### WHAT THE TASK ASKS
Which lines in the records below contain the word "huge"? Copy each of them.

### SOURCE INFORMATION
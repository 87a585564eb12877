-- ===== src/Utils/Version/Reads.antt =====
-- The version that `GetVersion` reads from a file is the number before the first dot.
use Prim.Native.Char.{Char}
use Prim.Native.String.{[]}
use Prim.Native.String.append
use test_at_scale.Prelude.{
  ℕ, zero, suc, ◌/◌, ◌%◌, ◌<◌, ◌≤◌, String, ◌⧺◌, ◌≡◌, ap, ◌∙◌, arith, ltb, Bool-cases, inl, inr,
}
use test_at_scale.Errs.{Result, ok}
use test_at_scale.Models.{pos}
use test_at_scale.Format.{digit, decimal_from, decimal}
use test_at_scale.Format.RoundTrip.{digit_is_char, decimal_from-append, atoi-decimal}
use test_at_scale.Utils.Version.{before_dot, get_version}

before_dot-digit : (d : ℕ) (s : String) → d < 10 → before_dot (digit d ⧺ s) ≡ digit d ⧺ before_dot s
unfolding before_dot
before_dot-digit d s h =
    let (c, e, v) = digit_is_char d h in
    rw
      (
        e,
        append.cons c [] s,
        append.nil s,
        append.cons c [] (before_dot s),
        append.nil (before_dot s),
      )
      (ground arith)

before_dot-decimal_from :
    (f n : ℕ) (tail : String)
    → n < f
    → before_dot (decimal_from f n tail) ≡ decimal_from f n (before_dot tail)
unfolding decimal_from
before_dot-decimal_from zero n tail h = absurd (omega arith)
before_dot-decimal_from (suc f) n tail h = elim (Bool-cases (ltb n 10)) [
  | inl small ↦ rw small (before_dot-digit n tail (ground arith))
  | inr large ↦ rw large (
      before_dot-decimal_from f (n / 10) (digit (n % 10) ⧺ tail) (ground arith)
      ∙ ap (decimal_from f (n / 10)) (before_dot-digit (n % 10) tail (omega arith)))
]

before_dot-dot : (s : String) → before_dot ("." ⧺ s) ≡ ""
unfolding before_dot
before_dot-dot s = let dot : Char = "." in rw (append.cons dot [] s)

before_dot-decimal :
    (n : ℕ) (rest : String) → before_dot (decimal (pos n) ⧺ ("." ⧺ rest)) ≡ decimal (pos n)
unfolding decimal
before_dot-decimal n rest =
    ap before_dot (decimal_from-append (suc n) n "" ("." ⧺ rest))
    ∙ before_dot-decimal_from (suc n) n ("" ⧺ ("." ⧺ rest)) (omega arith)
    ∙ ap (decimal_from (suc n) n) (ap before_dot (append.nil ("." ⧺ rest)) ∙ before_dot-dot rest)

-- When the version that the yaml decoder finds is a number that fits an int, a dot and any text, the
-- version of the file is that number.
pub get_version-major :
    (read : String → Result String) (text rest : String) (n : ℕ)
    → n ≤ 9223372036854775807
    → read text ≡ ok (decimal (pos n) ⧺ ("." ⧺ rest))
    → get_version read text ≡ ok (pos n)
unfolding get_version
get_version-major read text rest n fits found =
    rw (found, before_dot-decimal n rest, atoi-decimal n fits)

==

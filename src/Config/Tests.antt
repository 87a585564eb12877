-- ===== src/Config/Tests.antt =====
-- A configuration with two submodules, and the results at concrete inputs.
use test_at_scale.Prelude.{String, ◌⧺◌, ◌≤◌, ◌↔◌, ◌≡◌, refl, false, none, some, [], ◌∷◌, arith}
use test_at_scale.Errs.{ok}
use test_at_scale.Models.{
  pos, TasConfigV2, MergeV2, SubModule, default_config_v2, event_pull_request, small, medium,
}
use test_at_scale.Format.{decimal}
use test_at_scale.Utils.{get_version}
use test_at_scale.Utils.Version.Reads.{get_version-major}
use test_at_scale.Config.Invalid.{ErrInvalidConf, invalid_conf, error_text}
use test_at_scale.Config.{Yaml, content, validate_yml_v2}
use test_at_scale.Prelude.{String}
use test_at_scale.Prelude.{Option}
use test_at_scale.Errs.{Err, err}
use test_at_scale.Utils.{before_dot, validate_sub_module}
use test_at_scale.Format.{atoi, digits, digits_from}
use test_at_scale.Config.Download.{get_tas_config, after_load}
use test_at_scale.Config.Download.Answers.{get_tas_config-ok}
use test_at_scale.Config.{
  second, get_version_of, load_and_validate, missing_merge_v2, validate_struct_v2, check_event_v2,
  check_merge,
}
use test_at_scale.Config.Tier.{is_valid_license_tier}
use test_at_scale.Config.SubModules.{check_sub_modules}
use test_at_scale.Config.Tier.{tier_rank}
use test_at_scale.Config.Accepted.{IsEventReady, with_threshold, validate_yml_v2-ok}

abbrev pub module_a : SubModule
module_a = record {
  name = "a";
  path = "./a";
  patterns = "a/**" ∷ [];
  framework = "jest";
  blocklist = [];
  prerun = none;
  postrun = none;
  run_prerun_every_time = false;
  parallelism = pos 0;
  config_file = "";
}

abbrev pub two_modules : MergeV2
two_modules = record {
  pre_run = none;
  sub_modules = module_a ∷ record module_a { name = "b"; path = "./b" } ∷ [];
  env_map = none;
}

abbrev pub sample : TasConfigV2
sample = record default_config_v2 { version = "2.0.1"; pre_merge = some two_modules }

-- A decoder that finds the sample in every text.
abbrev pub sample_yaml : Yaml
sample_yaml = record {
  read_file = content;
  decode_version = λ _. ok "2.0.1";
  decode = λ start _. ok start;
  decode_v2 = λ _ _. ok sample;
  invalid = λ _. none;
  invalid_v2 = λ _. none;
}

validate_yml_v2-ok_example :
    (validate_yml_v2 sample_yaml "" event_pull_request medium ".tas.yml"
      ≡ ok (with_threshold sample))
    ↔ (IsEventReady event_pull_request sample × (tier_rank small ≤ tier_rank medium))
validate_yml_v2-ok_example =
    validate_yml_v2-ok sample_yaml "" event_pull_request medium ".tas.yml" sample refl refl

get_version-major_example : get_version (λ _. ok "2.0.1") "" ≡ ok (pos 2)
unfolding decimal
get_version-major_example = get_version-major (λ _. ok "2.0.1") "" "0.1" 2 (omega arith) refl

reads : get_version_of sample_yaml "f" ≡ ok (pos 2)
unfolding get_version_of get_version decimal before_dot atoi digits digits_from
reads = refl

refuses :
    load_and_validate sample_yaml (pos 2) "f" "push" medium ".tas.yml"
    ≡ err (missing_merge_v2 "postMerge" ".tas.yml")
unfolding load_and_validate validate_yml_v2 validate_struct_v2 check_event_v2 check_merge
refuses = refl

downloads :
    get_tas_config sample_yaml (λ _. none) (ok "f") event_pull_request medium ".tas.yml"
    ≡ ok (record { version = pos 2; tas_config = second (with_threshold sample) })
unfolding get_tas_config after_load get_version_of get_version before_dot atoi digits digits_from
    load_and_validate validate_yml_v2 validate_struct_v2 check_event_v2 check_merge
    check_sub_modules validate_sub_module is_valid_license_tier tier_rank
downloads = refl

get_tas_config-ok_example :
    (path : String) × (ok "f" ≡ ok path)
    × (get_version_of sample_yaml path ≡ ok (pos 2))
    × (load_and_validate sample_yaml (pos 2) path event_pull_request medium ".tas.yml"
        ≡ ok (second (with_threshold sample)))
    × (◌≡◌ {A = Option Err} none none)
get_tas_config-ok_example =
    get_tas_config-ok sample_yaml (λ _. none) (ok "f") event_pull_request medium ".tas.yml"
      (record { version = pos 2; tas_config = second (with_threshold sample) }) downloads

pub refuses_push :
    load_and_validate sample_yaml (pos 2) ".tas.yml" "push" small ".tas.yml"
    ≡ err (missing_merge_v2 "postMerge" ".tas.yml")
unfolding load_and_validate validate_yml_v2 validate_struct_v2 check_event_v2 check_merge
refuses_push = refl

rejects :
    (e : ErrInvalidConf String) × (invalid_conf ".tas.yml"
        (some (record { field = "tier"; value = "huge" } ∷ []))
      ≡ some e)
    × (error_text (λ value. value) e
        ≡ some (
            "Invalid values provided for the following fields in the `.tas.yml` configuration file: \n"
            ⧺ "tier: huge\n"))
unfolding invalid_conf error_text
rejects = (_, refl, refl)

### RESPONSE AREA
        (some (record { field = "tier"; value = "huge" } ∷ []))
            ⧺ "tier: huge\n"))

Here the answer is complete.